/---
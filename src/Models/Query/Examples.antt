-- ===== src/Models/Query/Examples.antt =====
-- A query with one setting, and what is made of it.
use django_clickhouse_backen.Prelude.{ℕ, ◌≡◌, refl, true, false, some, [], ◌∷◌, Text, codes, arith}
use django_clickhouse_backen.Prelude.Dict.{Dict, lookup}
use django_clickhouse_backen.Models.Query.{Store, query, Query, settings, prewhere}
use django_clickhouse_backen.Models.Query.Persistent.{
  Reach, here, then_step, sets, adds, seen_settings, seen_conditions, OnceEach, Updated, Reach-same,
  settings-Updated,
}

-- Values and conditions are numbers.
abbrev store : Store ℕ ℕ
store = record {
  settings_at = λ r. (codes "max_threads", 1) ∷ [];
  conditions_at = λ r. 5 ∷ [];
  next = 2;
}

abbrev original : Query
original = record {
  class_of = query;
  setting_info = some 0;
  prewhere = some 1;
  is_sliced = false;
  is_combined = false;
}

abbrev given : Dict Text ℕ
given = (codes "max_threads", 8) ∷ []

abbrev later : Store ℕ ℕ
later = (prewhere true (some 6) original (settings given original store).1).1

reached : Reach store later
reached = then_step (then_step here (sets given original)) (adds true (some 6) original)

Reach-same_example :
    (seen_settings (some 0) later ≡ seen_settings (some 0) store)
    × (seen_conditions (some 1) later ≡ seen_conditions (some 1) store)
Reach-same_example = Reach-same original {s = store} {t = later} (omega arith) (omega arith) reached

settings-Updated_example :
    Updated given (seen_settings (some 0) store) (
      seen_settings
        (settings given original store).0.setting_info
        (settings given original store).1)
    × (seen_conditions (settings given original store).0.prewhere (settings given original store).1
        ≡ seen_conditions (some 1) store)
unfolding OnceEach lookup
settings-Updated_example = settings-Updated original given store refl (refl, tt) (omega arith)
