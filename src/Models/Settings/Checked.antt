-- ===== src/Models/Settings/Checked.antt =====
-- Settings that were normalized once stay as they are, as an engine that is rebuilt from its own
-- arguments needs.
use django_clickhouse_backen.Prelude.{
  ◌≡◌, refl, ap, sym, subst, ◌⊎◌, true, false, Option, none, some, List, [], ◌∷◌, All, any, Text,
  same, arith, Bool-cases, inl, inr,
}
use django_clickhouse_backen.Prelude.Int.{ℤ}
use django_clickhouse_backen.Models.Settings.{
  Result, ok, raised, then_do, then_do-ok, Setting, int, bool, float, str, other, at_most_0,
  below_0, check_positive, check_not_negative, zero_or_one, check_bool, check_str, SettingTypes,
  merge_tree_settings, distributed_settings, find_check, normalize, accept,
}

-- A check that accepts what it made, unchanged.
pub Stable : (Setting → Result Setting) → Type 0
Stable check = (v w : Setting) → check v ≡ ok w → check w ≡ ok w

check_positive-Stable : Stable check_positive
unfolding Stable check_positive at_most_0
check_positive-Stable (int z) w h = ground arith
check_positive-Stable (bool b) w h = ground arith
check_positive-Stable (float z b) w h = ground arith
check_positive-Stable (str t) w h = ground arith
check_positive-Stable other w h = ground arith

check_not_negative-Stable : Stable check_not_negative
unfolding Stable check_not_negative below_0
check_not_negative-Stable (int z) w h = ground arith
check_not_negative-Stable (bool b) w h = ground arith
check_not_negative-Stable (float z b) w h = ground arith
check_not_negative-Stable (str t) w h = ground arith
check_not_negative-Stable other w h = ground arith

zero_or_one-check : (z : ℤ) (w : Setting) → zero_or_one z ≡ ok w → check_bool w ≡ ok w
unfolding check_bool
zero_or_one-check z w h = ground arith

check_bool-Stable : Stable check_bool
unfolding Stable check_bool
check_bool-Stable (int z) w h = zero_or_one-check z w h
check_bool-Stable (bool b) w h = ground arith
check_bool-Stable (float z true) w h = zero_or_one-check z w h
check_bool-Stable (float z false) w h = ground arith
check_bool-Stable (str t) w h = ground arith
check_bool-Stable other w h = ground arith

check_str-Stable : Stable check_str
unfolding Stable check_str
check_str-Stable (int z) w h = ground arith
check_str-Stable (bool b) w h = ground arith
check_str-Stable (float z b) w h = ground arith
check_str-Stable (str t) w h = ground arith
check_str-Stable other w h = ground arith

some-injective : (f g : Setting → Result Setting) → some f ≡ some g → f ≡ g
some-injective f g h = ap (λ o. elim o [ none ↦ f | some k ↦ k ]) h

find_check-Stable :
    (s : Text) (types : SettingTypes) (check : Setting → Result Setting)
    → All (λ entry. Stable entry.0) types
    → find_check s types ≡ some check
    → Stable check
unfolding find_check
find_check-Stable s [] check a h = ground arith
find_check-Stable s ((validate, keys) ∷ types) check (a, rest) h =
    elim (Bool-cases (any (same s) keys)) [
      | inl b ↦ subst Stable (some-injective validate check (ground (arith, h, b))) a
      | inr b ↦ find_check-Stable s types check rest (ground (arith, h, b))
    ]

-- The steps of a setting that is accepted.
accept-split :
    (o : Option (Setting → Result Setting)) (setting : Text) (v : Setting)
    (rest : Result (List (Text × Setting))) (out : List (Text × Setting))
    → accept o setting v rest ≡ ok out
    → (check : Setting → Result Setting) × (w : Setting) × (others : List (Text × Setting)) × (o
        ≡ some check)
      × (check v ≡ ok w)
      × (rest ≡ ok others)
      × ((setting, w) ∷ others ≡ out)
unfolding accept
accept-split none setting v rest out h =
    (check_str, v, [], ground arith, ground arith, ground arith, ground arith)
accept-split (some check) setting v rest out h =
    let (w, c, h1) =
      then_do-ok (check v) (λ w. then_do rest (λ others. ok ((setting, w) ∷ others))) out h in
    let (others, n, h2) = then_do-ok rest (λ others. ok ((setting, w) ∷ others)) out h1 in
    (check, w, others, refl, c, n, ap (λ r. elim r [ ok x ↦ x | raised x ↦ [] ]) h2)

accept-join :
    (check : Setting → Result Setting) (setting : Text) (w : Setting)
    (others : List (Text × Setting))
    → check w ≡ ok w
    → accept (some check) setting w (ok others) ≡ ok ((setting, w) ∷ others)
unfolding accept
accept-join check setting w others c = rw c refl

normalize-normalize :
    (types : SettingTypes) (settings out : List (Text × Setting))
    → All (λ entry. Stable entry.0) types
    → normalize types settings ≡ ok out
    → normalize types out ≡ ok out
unfolding normalize Stable
normalize-normalize types [] out a h =
    let e : [] ≡ out = ground arith in subst (λ o. normalize types o ≡ ok o) e refl
normalize-normalize types ((setting, v) ∷ settings) out a h =
    let (check, w, others, e, c, n, q) =
      accept-split (find_check setting types) setting v (normalize types settings) out h in
    subst (λ o. normalize types o ≡ ok o) q
      (rw (e, normalize-normalize types settings others a n)
        (accept-join check setting w others (find_check-Stable setting types check a e v w c)))

engines-Stable :
    (types : SettingTypes)
    → (types ≡ merge_tree_settings) ⊎ (types ≡ distributed_settings)
    → All (λ entry. Stable entry.0) types
engines-Stable types (inl e) =
    subst (λ (ts : SettingTypes). All (λ entry. Stable entry.0) ts) (sym e)
      (
        check_positive-Stable,
        (check_not_negative-Stable, (check_bool-Stable, (check_str-Stable, tt))),
      )
engines-Stable types (inr e) =
    subst (λ (ts : SettingTypes). All (λ entry. Stable entry.0) ts) (sym e)
      (check_positive-Stable, (check_not_negative-Stable, (check_bool-Stable, tt)))

-- The settings that a MergeTree engine or a Distributed one keeps are accepted once more by the
-- same class, unchanged and in the same order, as when it is built again from them.
pub normalize_again :
    (types : SettingTypes) (settings out : List (Text × Setting))
    → (types ≡ merge_tree_settings) ⊎ (types ≡ distributed_settings)
    → normalize types settings ≡ ok out
    → normalize types out ≡ ok out
normalize_again types settings out e =
    normalize-normalize types settings out (engines-Stable types e)
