-- ===== src/Snowflake/Answers.antt =====
-- When `get_id` raises, and when its wait ends.
use django_clickhouse_backen.Prelude.{
  ℕ, zero, suc, ◌+◌, ◌%◌, ◌<◌, ◌==◌, ◌≡◌, ◌≢◌, subst, true, none, arith, if_cases,
}
use django_clickhouse_backen.Prelude.Int.{ℤ, pos, ltb_ℤ, eq_ℤ}
use django_clickhouse_backen.Snowflake.{
  Worker, Clock, Outcome, invalid_system_clock, waiting, til_next_millis, finish, wrapped, get_id,
}

-- Enough fuel for a wait that a later reading ends.
til_next_millis-ends :
    (clock : Clock) (fuel at k : ℕ) (last : ℤ)
    → ltb_ℤ last (pos (clock (at + k))) ≡ true
    → k < fuel
    → til_next_millis clock fuel at last ≢ none
unfolding til_next_millis
til_next_millis-ends clock zero at k last h lt = absurd (omega arith)
til_next_millis-ends clock (suc fuel) at zero last h lt =
    let now : ltb_ℤ last (pos (clock at)) ≡ true =
      subst (λ (n : ℕ). ltb_ℤ last (pos (clock n)) ≡ true) (omega arith) h in
    rw now (λ e. cc)
til_next_millis-ends clock (suc fuel) at (suc k) last h lt =
    let moved : ltb_ℤ last (pos (clock (suc at + k))) ≡ true =
      subst (λ (n : ℕ). ltb_ℤ last (pos (clock n)) ≡ true) (omega arith) h in
    if_cases (λ r. r ≢ none) (ltb_ℤ last (pos (clock at))) (λ _ e. cc)
      (λ _. til_next_millis-ends clock fuel (suc at) k last moved (omega arith))

wrapped-ends :
    (clock : Clock) (fuel : ℕ) (w : Worker) (at : ℕ)
    → til_next_millis clock fuel at w.last_timestamp ≢ none
    → (wrapped clock fuel w at).0 ≢ waiting
unfolding wrapped finish
wrapped-ends clock fuel w at h = ground arith

abbrev Answered : Outcome × Worker × ℕ → Type 0
Answered r = r.0 ≢ waiting

finish-Answered : (w : Worker) (t at : ℕ) → Answered (finish w t at)
unfolding finish
finish-Answered w t at e = cc

raise-Answered : (w : Worker) (at : ℕ) → Answered (invalid_system_clock, w, at)
raise-Answered w at e = cc

-- If within `fuel` readings after its own the clock shows a time later than the last timestamp,
-- then `get_id` issues an id or raises: it does not go on waiting.
pub get_id-ends :
    (clock : Clock) (fuel : ℕ) (w : Worker) (at k : ℕ)
    → ltb_ℤ w.last_timestamp (pos (clock (suc at + k))) ≡ true
    → k < fuel
    → (get_id clock fuel w at).0 ≢ waiting
unfolding get_id
get_id-ends clock fuel w at k h lt =
    if_cases Answered (ltb_ℤ (pos (clock at)) w.last_timestamp) (λ _. raise-Answered w (suc at))
      λ _.
        if_cases Answered (eq_ℤ (pos (clock at)) w.last_timestamp)
          (λ _.
            if_cases Answered ((w.sequence + 1) % 4096 == 0)
              (λ _.
                wrapped-ends clock fuel (record w { sequence = (w.sequence + 1) % 4096 }) (suc at)
                  (til_next_millis-ends clock fuel (suc at) k w.last_timestamp h lt))
              (λ _.
                finish-Answered (record w { sequence = (w.sequence + 1) % 4096 }) (clock at)
                  (suc at)))
          (λ _. finish-Answered (record w { sequence = 0 }) (clock at) (suc at))

wrapped-accepts :
    (clock : Clock) (fuel : ℕ) (w : Worker) (at : ℕ)
    → (wrapped clock fuel w at).0 ≢ invalid_system_clock
unfolding wrapped finish
wrapped-accepts clock fuel w at = ground arith

-- `get_id` raises `InvalidSystemClock` exactly when the clock shows less than the last timestamp, and then the worker is
-- unchanged.
pub get_id-rejects :
    (clock : Clock) (fuel : ℕ) (w : Worker) (at : ℕ)
    → (ltb_ℤ (pos (clock at)) w.last_timestamp ≡ true
        → get_id clock fuel w at ≡ (invalid_system_clock, w, suc at))
      × ((get_id clock fuel w at).0 ≡ invalid_system_clock
          → ltb_ℤ (pos (clock at)) w.last_timestamp ≡ true)
unfolding get_id finish
get_id-rejects clock fuel w at = (
  λ h. rw h,
  ground (
    arith,
    wrapped-accepts clock fuel (record w { sequence = (w.sequence + 1) % 4096 }) (suc at),
  ),
)
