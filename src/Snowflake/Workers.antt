-- ===== src/Snowflake/Workers.antt =====
-- Ids carry the worker that issued them, so that two workers do not share one.
use django_clickhouse_backen.Prelude.{
  ℕ, zero, suc, ◌/◌, ◌%◌, ◌≡◌, ◌≢◌, ◌⊎◌, inl, inr, refl, sym, ap, subst, ◌∙◌, ◌-◌, List, [], ◌∷◌,
  All, arith,
}
use django_clickhouse_backen.Prelude.Int.{ℤ, pos, negsuc, pos_part, ◌≤ℤ◌}
use django_clickhouse_backen.Snowflake.{
  Worker, Clock, Outcome, issued, invalid_system_clock, waiting, init, worker, twepoch, finish,
  wrapped, get_id, issue,
}
use django_clickhouse_backen.Snowflake.Ids.{IsValid, init-IsValid, compose}
use django_clickhouse_backen.Snowflake.Order.{
  AfterEpoch, IsReady, get_id-Advances, Progress, Stamped, floor_at, init-IsReady,
}

-- The worker and datacenter fields of an id.
abbrev pub Carries : ℤ → ℤ → ℤ → Type 0
Carries d k id =
    (id ≡ pos (pos_part id))
    × (pos_part id / 131072 % 32 ≡ pos_part d)
    × (pos_part id / 4096 % 32 ≡ pos_part k)

issued-Carries :
    (w : Worker) (n : ℕ) (last : ℤ)
    → w.last_timestamp ≡ last
    → Stamped last w.sequence
    → IsValid w
    → floor_at last w ≡ suc n
    → Carries w.datacenter_id w.worker_id (pos n)
issued-Carries w n (pos t) e st v h =
    at w.datacenter_id w.worker_id v.datacenter_nonneg v.worker_nonneg v.datacenter_le v.worker_le
      (omega arith)
  where
    at :
        (d k : ℤ)
        → pos 0 ≤ℤ d
        → pos 0 ≤ℤ k
        → d ≤ℤ pos 31
        → k ≤ℤ pos 31
        → n ≡ compose (t - twepoch) (pos_part d) (pos_part k) w.sequence
        → Carries d k (pos n)
    at (pos d) (pos k) _ _ hd hk e = (refl, omega arith, omega arith)
    at (pos d) (negsuc k) _ h hd hk e = absurd (omega arith)
    at (negsuc d) k h _ hd hk e = absurd (omega arith)
issued-Carries w n (negsuc m) e st v h = absurd (omega arith)

abbrev Same : Worker → Worker → Type 0
Same w w' = (w'.datacenter_id ≡ w.datacenter_id) × (w'.worker_id ≡ w.worker_id)

get_id-Same : (clock : Clock) (fuel : ℕ) (w : Worker) (at : ℕ) → Same w (get_id clock fuel w at).1
unfolding get_id wrapped finish
get_id-Same clock fuel w at = ground arith

extend-Carries :
    (d k : ℤ) (w : Worker) (outcome : Outcome) (w' : Worker) (rest : List ℤ)
    → IsReady w
    → Progress w outcome w'
    → w'.datacenter_id ≡ d
    → w'.worker_id ≡ k
    → (IsReady w' → All (Carries d k) rest)
    → All
        (Carries d k)
        (elim outcome [ issued id ↦ id ∷ rest | invalid_system_clock ↦ rest | waiting ↦ [] ])
extend-Carries d k w (issued id) w' rest r (n, e, below, next, r') ed ek ih = (
  rw (e, ← ed, ← ek) (issued-Carries w' n w'.last_timestamp refl r'.stamped r'.valid next),
  ih r',
)
extend-Carries d k w invalid_system_clock w' rest r e ed ek ih = ih (subst IsReady (sym e) r)
extend-Carries d k w waiting w' rest r p ed ek ih = tt

issue-Carries :
    (clock : Clock) (fuel calls : ℕ) (d k : ℤ) (w : Worker) (at : ℕ)
    → AfterEpoch clock
    → IsReady w
    → w.datacenter_id ≡ d
    → w.worker_id ≡ k
    → All (Carries d k) (issue clock fuel calls w at)
unfolding issue
issue-Carries clock fuel zero d k w at late r ed ek = tt
issue-Carries clock fuel (suc calls) d k w at late r ed ek =
    let (outcome, w', at') = get_id clock fuel w at in
    let same : Same w (get_id clock fuel w at).1 = get_id-Same clock fuel w at in
    extend-Carries d k w outcome w' (issue clock fuel calls w' at') r
      (get_id-Advances clock fuel w at late r) (same.0 ∙ ed) (same.1 ∙ ek)
      λ r'. issue-Carries clock fuel calls d k w' at' late r' (same.0 ∙ ed) (same.1 ∙ ek)

init_fields :
    (d k : ℤ) (s : ℕ) (w : Worker)
    → init d k s ≡ worker w
    → (w.datacenter_id ≡ d) × (w.worker_id ≡ k)
unfolding init
init_fields d k s w e = (ground arith, ground arith)

-- The ids that a worker issues have the worker's own datacenter and worker ids in bits 17 to 21 and 12 to 16.
pub issue-init-Carries :
    (clock : Clock) (fuel calls at : ℕ) (d k : ℤ) (s : ℕ) (w : Worker)
    → AfterEpoch clock
    → init d k s ≡ worker w
    → All (Carries d k) (issue clock fuel calls w at)
issue-init-Carries clock fuel calls at d k s w late e =
    let fields = init_fields d k s w e in
    issue-Carries clock fuel calls d k w at late (init-IsReady d k s w e) fields.0 fields.1

init_nonneg :
    (d k : ℤ) (s : ℕ) (w : Worker)
    → init d k s ≡ worker w
    → (d ≡ pos (pos_part d)) × (k ≡ pos (pos_part k))
init_nonneg d k s w e =
    let fields = init_fields d k s w e in
    let v = init-IsValid d k s e in
    (
      nonneg d (subst (λ x. pos 0 ≤ℤ x) fields.0 v.datacenter_nonneg),
      nonneg k (subst (λ x. pos 0 ≤ℤ x) fields.1 v.worker_nonneg),
    )
  where
    nonneg : (a : ℤ) → pos 0 ≤ℤ a → a ≡ pos (pos_part a)
    nonneg (pos n) h = refl
    nonneg (negsuc n) h = absurd (omega arith)

init_differ :
    (d k d' k' : ℤ) (s s' : ℕ) (w w' : Worker)
    → init d k s ≡ worker w
    → init d' k' s' ≡ worker w'
    → (d ≢ d') ⊎ (k ≢ k')
    → (pos_part d ≢ pos_part d') ⊎ (pos_part k ≢ pos_part k')
init_differ d k d' k' s s' w w' e e' differ =
    let n = init_nonneg d k s w e in
    let n' = init_nonneg d' k' s' w' e' in
    elim differ [
      | inl h ↦ inl (λ q. h (n.0 ∙ ap pos q ∙ sym n'.0))
      | inr h ↦ inr (λ q. h (n.1 ∙ ap pos q ∙ sym n'.1))
    ]

module _ (d k d' k' : ℤ) (differ : (pos_part d ≢ pos_part d') ⊎ (pos_part k ≢ pos_part k')) where
  apart : (i j : ℤ) → Carries d k i → Carries d' k' j → i ≢ j
  apart i j ci cj e = elim differ [
    | inl h ↦ h (omega (arith, ap pos_part e))
    | inr h ↦ h (omega (arith, ap pos_part e))
  ]

  apart_one : (i : ℤ) (js : List ℤ) → Carries d k i → All (Carries d' k') js → All (λ j. i ≢ j) js
  apart_one i [] ci cjs = tt
  apart_one i (j ∷ js) ci cjs = (apart i j ci cjs.0, apart_one i js ci cjs.1)

  apart_lists :
      (is js : List ℤ)
      → All (Carries d k) is
      → All (Carries d' k') js
      → All (λ i. All (λ j. i ≢ j) js) is
  apart_lists [] js cis cjs = tt
  apart_lists (i ∷ is) js cis cjs = (apart_one i js cis.0 cjs, apart_lists is js cis.1 cjs)

-- Two workers that differ in their datacenter or worker id never issue the same id, whatever their clocks after 2010 show
-- and however often they are called.
pub issue-ne-issue :
    (clock clock' : Clock) (fuel fuel' calls calls' at at' : ℕ) (d k d' k' : ℤ) (s s' : ℕ)
    (w w' : Worker)
    → AfterEpoch clock
    → AfterEpoch clock'
    → init d k s ≡ worker w
    → init d' k' s' ≡ worker w'
    → (d ≢ d') ⊎ (k ≢ k')
    → All (λ i. All (λ j. i ≢ j) (issue clock' fuel' calls' w' at')) (issue clock fuel calls w at)
issue-ne-issue clock clock' fuel fuel' calls calls' at at' d k d' k' s s' w w' late late' e e'
      differ =
    apart_lists d k d' k' (init_differ d k d' k' s s' w w' e e' differ)
      (issue clock fuel calls w at) (issue clock' fuel' calls' w' at')
      (issue-init-Carries clock fuel calls at d k s w late e)
      (issue-init-Carries clock' fuel' calls' at' d' k' s' w' late' e')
\---
▶ YOUR INSTRUCTIONS: Which of the lines above hold the word "Text"? Copy each one.

▶ ANSWER SECTION:
use django_clickhouse_backen.Prelude.{ℕ, ◌≡◌, refl, true, false, some, [], ◌∷◌, Text, codes, arith}
abbrev given : Dict Text ℕ
  ◌≡◌, refl, ap, sym, subst, ◌⊎◌, true, false, Option, none, some, List, [], ◌∷◌, All, any, Text,
    (s : Text) (types : SettingTypes) (check : Setting → Result Setting)
    (o : Option (Setting → Result Setting)) (setting : Text) (v : Setting)
    (rest : Result (List (Text × Setting))) (out : List (Text × Setting))
    → (check : Setting → Result Setting) × (w : Setting) × (others : List (Text × Setting)) × (o
    (check : Setting → Result Setting) (setting : Text) (w : Setting)
    (others : List (Text × Setting))
    (types : SettingTypes) (settings out : List (Text × Setting))
    (types : SettingTypes) (settings out : List (Text × Setting))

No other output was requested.